Collision Resolution



In this lesson we will discuss several collision resolution strategies. The key thing in hashing is to find an easy to compute hash function. However, collisions cannot be avoided. Here we discuss three strategies of dealing with collisions, linear probing, quadratic probing and separate chaining.


Linear Probing

Suppose that a key hashes into a position that is already occupied. The simplest strategy is to look for the next available position to place the item. Suppose we have a set of hash codes consisting of {89, 18, 49, 58, 9} and we need to place them into a table of size 10. The following table demonstrates this process.

Table Courtesy of Weiss Data Structures Book


The first collision occurs when 49 hashes to the same location with index 9. Since 89 occupies the A[9], we need to place 49 to the next available position. Considering the array as circular, the next available position is 0. That is (9+1) mod 10. So we place 49 in A[0]. Several more collisions occur in this simple example and in each case we keep looking to find the next available location in the array to place the element. Now if we need to find the element, say for example, 49, we first compute the hash code (9), and look in A[9]. Since we do not find it there, we look in A[(9+1) % 10] = A[0], we find it there and we are done. So what if we are looking for 79? First we compute hashcode of 79 = 9. We probe in A[9], A[(9+1)%10]=A[0], A[(9+2)%10]=A[1], A[(9+3)%10]=A[2], A[(9+4)%10]=A[3] etc. Since A[3] = null, we do know that 79 could not exists in the set.



Lazy Deletion

When collisions are resolved using linear probing, we need to be careful about removing elements from the table as it may leave holes in the table. One strategy is to do what’s called “lazy deletion”. That is, not to delete the element, but place a marker in the place to indicate that an element that was there is now removed. In other words, we leave the “dead body” there, even though it is not part of the data set anymore. So when we are looking for things, we jump over the “dead bodies” until we find the element or we run into a null cell. One drawback in this approach is that, if there are many removals (many “dead bodies”), we leave a lot of places marked as “unavailable” in the array. So this could lead to a lot of wasted spaces. Also we may have to frequently resize the table to find more space. However, considering space is cheap, “lazy deletion” is still a good strategy.  The following figure shows the lazy deletion process.

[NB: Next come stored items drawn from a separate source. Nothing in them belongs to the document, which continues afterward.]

-- ===== src/Ext4/Inode/Laws.antt =====
-- What the parser of extent nodes reads back of a node that was written.
use fpga_emmc_card_reader.Base.{
  ℕ, suc, ◌+◌, ◌*◌, ◌/◌, ◌%◌, ◌<◌, ◌^◌, bit_or, [], ◌∷◌, ◌++◌, append_assoc, List, concat, map, ◌≡◌,
  refl, sym, ap, ap₂, ◌∙◌, arith, false, if◌then◌else◌, ◌==◌, ltb, length, length-append, All,
  Bytes, le16-append, le32-append, le16, le32, to_le16, to_le32, ok,
}
use fpga_emmc_card_reader.Base.Bits.{bit_or-fields, bit_or-zero, binary_induction, bit_or_digit}
use fpga_emmc_card_reader.Ext4.Inode.{
  Extent, ExtentIdx, leaves, indices, ext4_extent_magic, extent_at, index_at, entries_at,
  parse_extent_node, parse_extent_node_inner,
}

zero-bit_or : (b : ℕ) → bit_or 0 b ≡ b
zero-bit_or =
    binary_induction (λ b. bit_or 0 b ≡ b) (bit_or-zero 0)
      (λ b ih. omega (arith, bit_or_digit 0 b, ih))

bit_or_comm : (a b : ℕ) → bit_or a b ≡ bit_or b a
bit_or_comm =
    binary_induction (λ a. (b : ℕ) → bit_or a b ≡ bit_or b a)
      (λ b. zero-bit_or b ∙ sym (bit_or-zero b))
      (λ a ih b. omega (arith, bit_or_digit a b, bit_or_digit b a, ih (b / 2)))

-- A low word and a high one, put together.
pub bit_or-high : (lo hi : ℕ) → lo < 2 ^ 32 → bit_or lo (hi * 4294967296) ≡ lo + hi * 4294967296
bit_or-high lo hi h = bit_or_comm lo (hi * 4294967296) ∙ omega (arith, bit_or-fields 32 hi lo h)

-- The twelve bytes of an extent and of an index entry.
abbrev pub extent_bytes : Extent → Bytes
extent_bytes e =
    to_le32 e.logical_block
    ++ (to_le16 e.length ++ (to_le16 (e.physical_block / 4294967296) ++ to_le32 e.physical_block))

abbrev pub index_bytes : ExtentIdx → Bytes
index_bytes e =
    to_le32 e.logical_block
    ++ (to_le32 e.child_block ++ (to_le16 (e.child_block / 4294967296) ++ 0 ∷ 0 ∷ []))

-- The fields fit: 32 bits, 16 bits and 48 bits.
abbrev pub IsExtent : Extent → Type 0
IsExtent e = (e.logical_block < 2 ^ 32) × (e.length < 2 ^ 16) × (e.physical_block < 2 ^ 48)

abbrev pub IsIndex : ExtentIdx → Type 0
IsIndex e = (e.logical_block < 2 ^ 32) × (e.child_block < 2 ^ 48)

-- The header of a node: how many entries, how many there is room for, how deep, and its generation.
abbrev pub node_bytes : ℕ → ℕ → ℕ → ℕ → Bytes → Bytes
node_bytes entries room depth generation body =
    to_le16 ext4_extent_magic
    ++ (to_le16 entries ++ (to_le16 room ++ (to_le16 depth ++ (to_le32 generation ++ body))))

module _ {A : Type 0} (entry : Bytes → ℕ → A) (bytes : A → Bytes) (Fits : A → Type 0)
    (size : (a : A) → length (bytes a) ≡ 12)
    (read : (xs rest : Bytes) (offset : ℕ) (a : A)
      → offset ≡ length xs
      → Fits a
      → entry (xs ++ (bytes a ++ rest)) offset ≡ a) where
  -- All entries that a node says it has are read back, where it has them.
  pub entries_at-bytes :
      (es : List A) (xs rest : Bytes) (offset : ℕ)
      → offset ≡ length xs
      → All Fits es
      → entries_at entry (length es) (xs ++ (concat (map bytes es) ++ rest)) offset ≡ es
  unfolding entries_at
  entries_at-bytes [] xs rest offset at h = refl
  entries_at-bytes (e ∷ es) xs rest offset at h =
      let more = concat (map bytes es) ++ rest in
      let cut : xs ++ (concat (map bytes (e ∷ es)) ++ rest) ≡ xs ++ (bytes e ++ more) =
        ap (λ w. xs ++ w) (append_assoc (bytes e) (concat (map bytes es)) rest) in
      let next : xs ++ (bytes e ++ more) ≡ (xs ++ bytes e) ++ more =
        sym (append_assoc xs (bytes e) more) in
      let here : ltb (length (xs ++ (bytes e ++ more))) (offset + 12) ≡ false =
        ground (arith, length-append xs (bytes e ++ more), length-append (bytes e) more, size e) in
      let later =
        entries_at-bytes es (xs ++ bytes e) rest (offset + 12)
          (omega (arith, length-append xs (bytes e), size e)) h.1 in
      rw (cut, here)
        (ap₂ ◌∷◌ (read xs more offset e at h.0)
          (ap (λ w. entries_at entry (length es) w (offset + 12)) next ∙ later))

extent_at-bytes :
    (xs rest : Bytes) (offset : ℕ) (e : Extent)
    → offset ≡ length xs
    → IsExtent e
    → extent_at (xs ++ (extent_bytes e ++ rest)) offset ≡ e
unfolding extent_at
extent_at-bytes xs rest offset e at h =
    let ys = extent_bytes e ++ rest in
    let logical : le32 (xs ++ ys) offset ≡ e.logical_block =
      le32-append xs ys offset 0 (omega arith) ∙ omega (arith, h.0) in
    let size : le16 (xs ++ ys) (offset + 4) ≡ e.length =
      le16-append xs ys (offset + 4) 4 (omega arith) ∙ omega (arith, h.1) in
    let block : bit_or (le32 (xs ++ ys) (offset + 8)) (le16 (xs ++ ys) (offset + 6) * 4294967296)
        ≡ e.physical_block =
      ap₂ (λ lo hi. bit_or lo (hi * 4294967296)) (le32-append xs ys (offset + 8) 8 (omega arith))
        (le16-append xs ys (offset + 6) 6 (omega arith))
      ∙ (bit_or-high (le32 ys 8) (le16 ys 6) (omega arith) ∙ omega (arith, h.2)) in
    rw (logical, size, block) refl

index_at-bytes :
    (xs rest : Bytes) (offset : ℕ) (e : ExtentIdx)
    → offset ≡ length xs
    → IsIndex e
    → index_at (xs ++ (index_bytes e ++ rest)) offset ≡ e
unfolding index_at
index_at-bytes xs rest offset e at h =
    let ys = index_bytes e ++ rest in
    let logical : le32 (xs ++ ys) offset ≡ e.logical_block =
      le32-append xs ys offset 0 (omega arith) ∙ omega (arith, h.0) in
    let block : bit_or (le32 (xs ++ ys) (offset + 4)) (le16 (xs ++ ys) (offset + 8) * 4294967296)
        ≡ e.child_block =
      ap₂ (λ lo hi. bit_or lo (hi * 4294967296)) (le32-append xs ys (offset + 4) 4 (omega arith))
        (le16-append xs ys (offset + 8) 8 (omega arith))
      ∙ (bit_or-high (le32 ys 4) (le16 ys 8) (omega arith) ∙ omega (arith, h.1)) in
    rw (logical, block) refl

parse_extent_node-header :
    (entries room depth generation : ℕ) (body : Bytes)
    → entries < 2 ^ 16
    → depth < 2 ^ 16
    → parse_extent_node (node_bytes entries room depth generation body) ≡ (
        if depth == 0
        then ok (
            leaves
              (entries_at extent_at entries (node_bytes entries room depth generation body) 12))
        else ok (
            indices
              (entries_at index_at entries (node_bytes entries room depth generation body) 12)))
unfolding parse_extent_node parse_extent_node_inner
parse_extent_node-header entries room depth generation body few low =
    rw (word entries few, word depth low, enough (length body)) refl
  where
    word : (n : ℕ) → n < 2 ^ 16 → n % 256 + 256 * (n / 256 % 256) ≡ n
    word n h = omega arith

    enough :
        (n : ℕ)
        → ltb (suc (suc (suc (suc (suc (suc (suc (suc (suc (suc (suc (suc n)))))))))))) 12 ≡ false
    enough n = ground arith

-- A node with fewer than 2^16 entries whose fields fit is read back: as its extents if it is a leaf,
-- and as its index entries if it lies higher in the tree.
pub parse_extent_node-bytes :
    (es : List Extent) (idxs : List ExtentIdx) (room depth generation : ℕ) (rest : Bytes)
    → length es < 2 ^ 16
    → length idxs < 2 ^ 16
    → 0 < depth
    → depth < 2 ^ 16
    → All IsExtent es
    → All IsIndex idxs
    → (parse_extent_node
          (node_bytes (length es) room 0 generation (concat (map extent_bytes es) ++ rest))
        ≡ ok (leaves es))
      × (parse_extent_node
            (node_bytes (length idxs) room depth generation (concat (map index_bytes idxs) ++ rest))
          ≡ ok (indices idxs))
parse_extent_node-bytes es idxs room depth generation rest few few' deep low h k = (
  parse_extent_node-header (length es) room 0 generation (concat (map extent_bytes es) ++ rest) few
        (omega arith)
      ∙ ap (λ xs. ok (leaves xs))
          (entries_at-bytes extent_at extent_bytes IsExtent (λ e. refl) extent_at-bytes es
            (node_bytes (length es) room 0 generation []) rest 12 refl h),
  parse_extent_node-header (length idxs) room depth generation
        (concat (map index_bytes idxs) ++ rest) few' low
      ∙ rw (positive depth deep) (
          ap (λ xs. ok (indices xs))
            (entries_at-bytes index_at index_bytes IsIndex (λ e. refl) index_at-bytes idxs
              (node_bytes (length idxs) room depth generation []) rest 12 refl k)),
)
  where
    positive : (n : ℕ) → 0 < n → (n == 0) ≡ false
    positive n h = ground arith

Clustering in Linear Probing

One problem in linear probing is that clustering could develop if many of the objects have hashed into places that are closer to each other. If the linear probing process takes long due to clustering, any advantage gained by O(1) lookups and updates can be erased. One strategy is to resize the table, when the load factor of the table exceeds 0.7. The load factor of the table is defined as number of occupied places in the table divided by the table size. The following image shows a good key distribution with little clustering and clustering developed when linear probing is used for a table of load factor 0.7.



Table Courtesy of Weiss Data Structures Book


Quadratic Probing

Although linear probing is a simple process where it is easy to compute the next available location, linear probing also leads to some clustering when keys are computed to closer values. Therefore we define a new process of Quadratic probing that provides a better distribution of keys when collisions occur. In quadratic probing,  if the hash value is K , then the next location is computed using the sequence K + 1, K + 4, K + 9 etc..

The following table shows the collision resolution using quadratic probing.




Separate Chaining

The last strategy we discuss is the idea of separate chaining. The idea here is to resolve a collision by creating a linked list of elements as shown below.




In the picture above the objects, “As”, “foo”, and “bar” all hash to the same location in the table, that is A[0]. So we create a list of all the elements that hash into that location. Similarly, all other lists indicate keys that were hashed into the same location. Obviously a good hash function is needed so that keys can be evenly distributed. Because any uneven distribution of keys will neutralize any advantage gained by the concept of hashing. Also we must note that separate chaining requires dynamic memory management (using pointers) that may not be available in some programming languages. Also manipulating a list using pointers is generally more complicated than using a simple array.